# What is Everyone's Go To Hook for Red Drum



## flathead (Dec 18, 2003)

chunk fishing...............pier or surf

Back when I started the number one (I think) was the Mustad 3996, 10/0-12/0 but there are so many more different versions out there now................


----------



## sand flea (Oct 24, 1999)

Owner 8/0-10/0 SSW, depending on bait. But these days there are a lot of good options. Still not a Mustad fan, though.


----------



## DaBig2na (Aug 7, 2011)

Mustad 39944BLN Demon Circle 10/0 , Gami octopus J hooks 10/0


----------



## NC KingFisher (Nov 20, 2011)

I like the octo J's in 10/0, most of the time a 13/0 ex baiter so I get my weight back when the sharks are in. Still loose some, but less random chew offs.


----------



## dawgfsh (Mar 1, 2005)

VMC J's 8/0, Mustad demon 10/0 circle.


----------



## Fatback (Aug 6, 2003)

Gamakatsu Big Eye circle hooks 7/0.

This tin hook is very strong, maybe overkill, but its best feature is it remains sharp trip after trip. I have many that still are sharp after multiple seasons. Other circle hooks I have used either become dull or rust after a few trips.


----------



## Drum Bum (Jan 12, 2004)

Eagle claw 9/0 inline. I think it's the 2004 series


----------



## flathead (Dec 18, 2003)

Just found and purchased what I believe to be the very best circle hook for drum I have ever seen.
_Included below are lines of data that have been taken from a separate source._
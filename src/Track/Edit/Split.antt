-- ===== src/Track/Edit/Split.antt =====
-- What splitting a bar does to a track (domain/file/storage/storage.rs, `split_property_block`).
use thaum_painter.Base.{
  ℕ, zero, suc, ◌<◌, ◌≡◌, ◌↔◌, inl, inr, true, false, Option, some, List, [], ◌∷◌, get_elem?,
  length, arith, sub32, All, u32_max, Bool-cases, Option-cases, refl, ap,
}
use thaum_painter.Base.Text.{Text, contains}
use thaum_painter.Track.Block.{SharedDocumentPropertyBlock as Block}
use thaum_painter.Track.Ids.{ids_of, next_property_block_id}
use thaum_painter.Track.Ids.Fresh.{contains-next_id}
use thaum_painter.Track.Edit.{modify, with_span, can_split, split_at, split_blocks, position}
use thaum_painter.Track.Tiling.{Chain, ApartFrom, EndsBlank, FitsU32}
use thaum_painter.Track.Edit.Halves.{
  Paints, Paints-halved, halved-Chain, halved-ApartFrom, halved-EndsBlank,
}

module _ {Value : Type 0} where
  get_elem-position :
      (block_id : Text) (i : ℕ) (bs : List (Block Value)) (b : Block Value)
      → All FitsU32 bs
      → get_elem? bs i ≡ some b
      → FitsU32 b
  get_elem-position block_id i [] b f h = absurd (ground arith)
  get_elem-position block_id zero (c ∷ bs) b f h = let e : c ≡ b = cc h in rw (← e) f.0
  get_elem-position block_id (suc i) (c ∷ bs) b f h = get_elem-position block_id i bs b f.1 h

  ids_of-modify :
      (i start length : ℕ) (bs : List (Block Value))
      → ids_of (modify i (with_span start length) bs) ≡ ids_of bs
  unfolding ids_of modify
  ids_of-modify i start length [] = refl
  ids_of-modify zero start length (b ∷ bs) = refl
  ids_of-modify (suc i) start length (b ∷ bs) =
      ap (λ ts. b.id ∷ ts) (ids_of-modify i start length bs)

  -- The bar that a split halves, with what holds of it.
  record Halves (block_id : Text) (n : ℕ) (bs : List (Block Value))
      (out : List (Block Value) × Text) : Type 0 where
    index : ℕ
    block : Block Value
    found : get_elem? bs index ≡ some block
    can : can_split block n ≡ true
    result : out ≡ split_at index block n bs

  split_blocks-Halves :
      (block_id : Text) (n : ℕ) (bs : List (Block Value)) (out : List (Block Value) × Text)
      → split_blocks block_id n bs ≡ some out
      → Halves block_id n bs out
  unfolding split_blocks
  split_blocks-Halves block_id n bs out h = elim (Option-cases (position block_id bs)) [
    | inl e ↦ absurd (ground (arith, (rw (split_blocks, e) at h)))
    | inr i ↦
        let h1 = rw (split_blocks, i.1) at h in
        elim (Option-cases (get_elem? bs i.0)) [
          | inl e ↦ absurd (ground (arith, (rw e at h1)))
          | inr b ↦
              let h2 = rw b.1 at h1 in
              elim (Bool-cases (can_split b.0 n)) [
                | inl c ↦
                    let h3 = rw c at h2 in
                    record { index = i.0; block = b.0; found = b.1; can = c; result = cc h3 }
                | inr c ↦ absurd (ground (arith, (rw c at h2)))
              ]
        ]
  ]

  module _ (block_id : Text) (n : ℕ) (bs : List (Block Value)) (out : List (Block Value) × Text)
      (fits : All FitsU32 bs) (done : split_blocks block_id n bs ≡ some out) where
    halves : Halves block_id n bs out
    halves = split_blocks-Halves block_id n bs out done

    -- Splitting a bar leaves the content of every breath as it was.
    pub split_blocks-Paints : (x : ℕ) (v : Option Value) → Paints x v out.0 ↔ Paints x v bs
    unfolding split_at
    split_blocks-Paints x v =
        let h = halves in
        let f = get_elem-position block_id h.index bs h.block fits h.found in
        rw h.result
          (Paints-halved h.block n f h.can h.index (split_at h.index h.block n bs).1 x v bs h.found)

    -- Splitting a bar of a tiling leaves bars that lie end to end over the same breaths, with no two
    -- blanks side by side and a blank at the end.
    pub split_blocks-tiles :
        (s e : ℕ)
        → Chain s e bs × ApartFrom false bs × EndsBlank bs
        → Chain s e out.0 × ApartFrom false out.0 × EndsBlank out.0
    unfolding split_at
    split_blocks-tiles s e t =
        let h = halves in
        let f = get_elem-position block_id h.index bs h.block fits h.found in
        rw h.result (
          halved-Chain h.block n f h.can h.index (split_at h.index h.block n bs).1 s e bs h.found
              t.0,
          halved-ApartFrom h.block n f h.can h.index (split_at h.index h.block n bs).1 false bs
              h.found t.1,
          halved-EndsBlank h.block n f h.can h.index (split_at h.index h.block n bs).1 bs h.found
              t.2,
        )

    -- The id of the new half is the id of no bar of the track.
    pub split_blocks-fresh : length (ids_of bs) < u32_max → contains (ids_of bs) out.1 ≡ false
    unfolding split_at next_property_block_id
    split_blocks-fresh few =
        let h = halves in
        rw (h.result, ids_of-modify h.index h.block.start_breath (sub32 n h.block.start_breath) bs)
          (contains-next_id (ids_of bs) few)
Owner 5174-RR 10/0.....RR is for reef and rig......left to right, Owner SSW 10/0 J, Owner 5174-RR 10/0, Eagle Claw 10/0, and two Mustads 14/0, black and chrome.
View attachment 57929


----------



## Khondker (Aug 17, 2012)

Just caught my first red (21 inch) at pcb day before yesterday from Russel pier, small live bait on 5/0 Owner Mutu Light Circle hook, wife caught her first red (23 inch) same day, same place on pompano rig with small piece of pink Fishbite, hook was Owner Mute Light Circle, Size 4, now this hook was a little bended by the fish.


----------



## gshivar (Aug 29, 2006)

Used Owner circles around Oregon Inlet surf with eels for rock years back. They seemed to dull quickly and I could not sharpen them. Liked the lighter wire for eels as opposed to Mustads. I am old school on heads/chunks for drum. Mustad 13/0 work for me and I can sharpen if needed. Use whatever works best for you. Good luck. - glenn


----------



## George Gravier (Oct 28, 1999)

Vmc j 8/0, owner ssw 10/0


----------



## bferg (Nov 16, 2011)

Eagle Claw L2022


----------



## Drum Bum (Jan 12, 2004)

This last trip I mostly fished Eagle claw 12/0 inline circles (l2004 series). Saw no reduction in bites or hookups. Nor a reduction in hooking the smallest hardheads or gaftops.


----------



## surffshr (Dec 8, 2003)

however, if its slot drum around a 6/0 owner ssw circle hook works fine for me.


----------



## Drumdum (Jan 6, 2003)

Pups-eagle claw 4/0 circle.. Big drum 10/0 gami J..


----------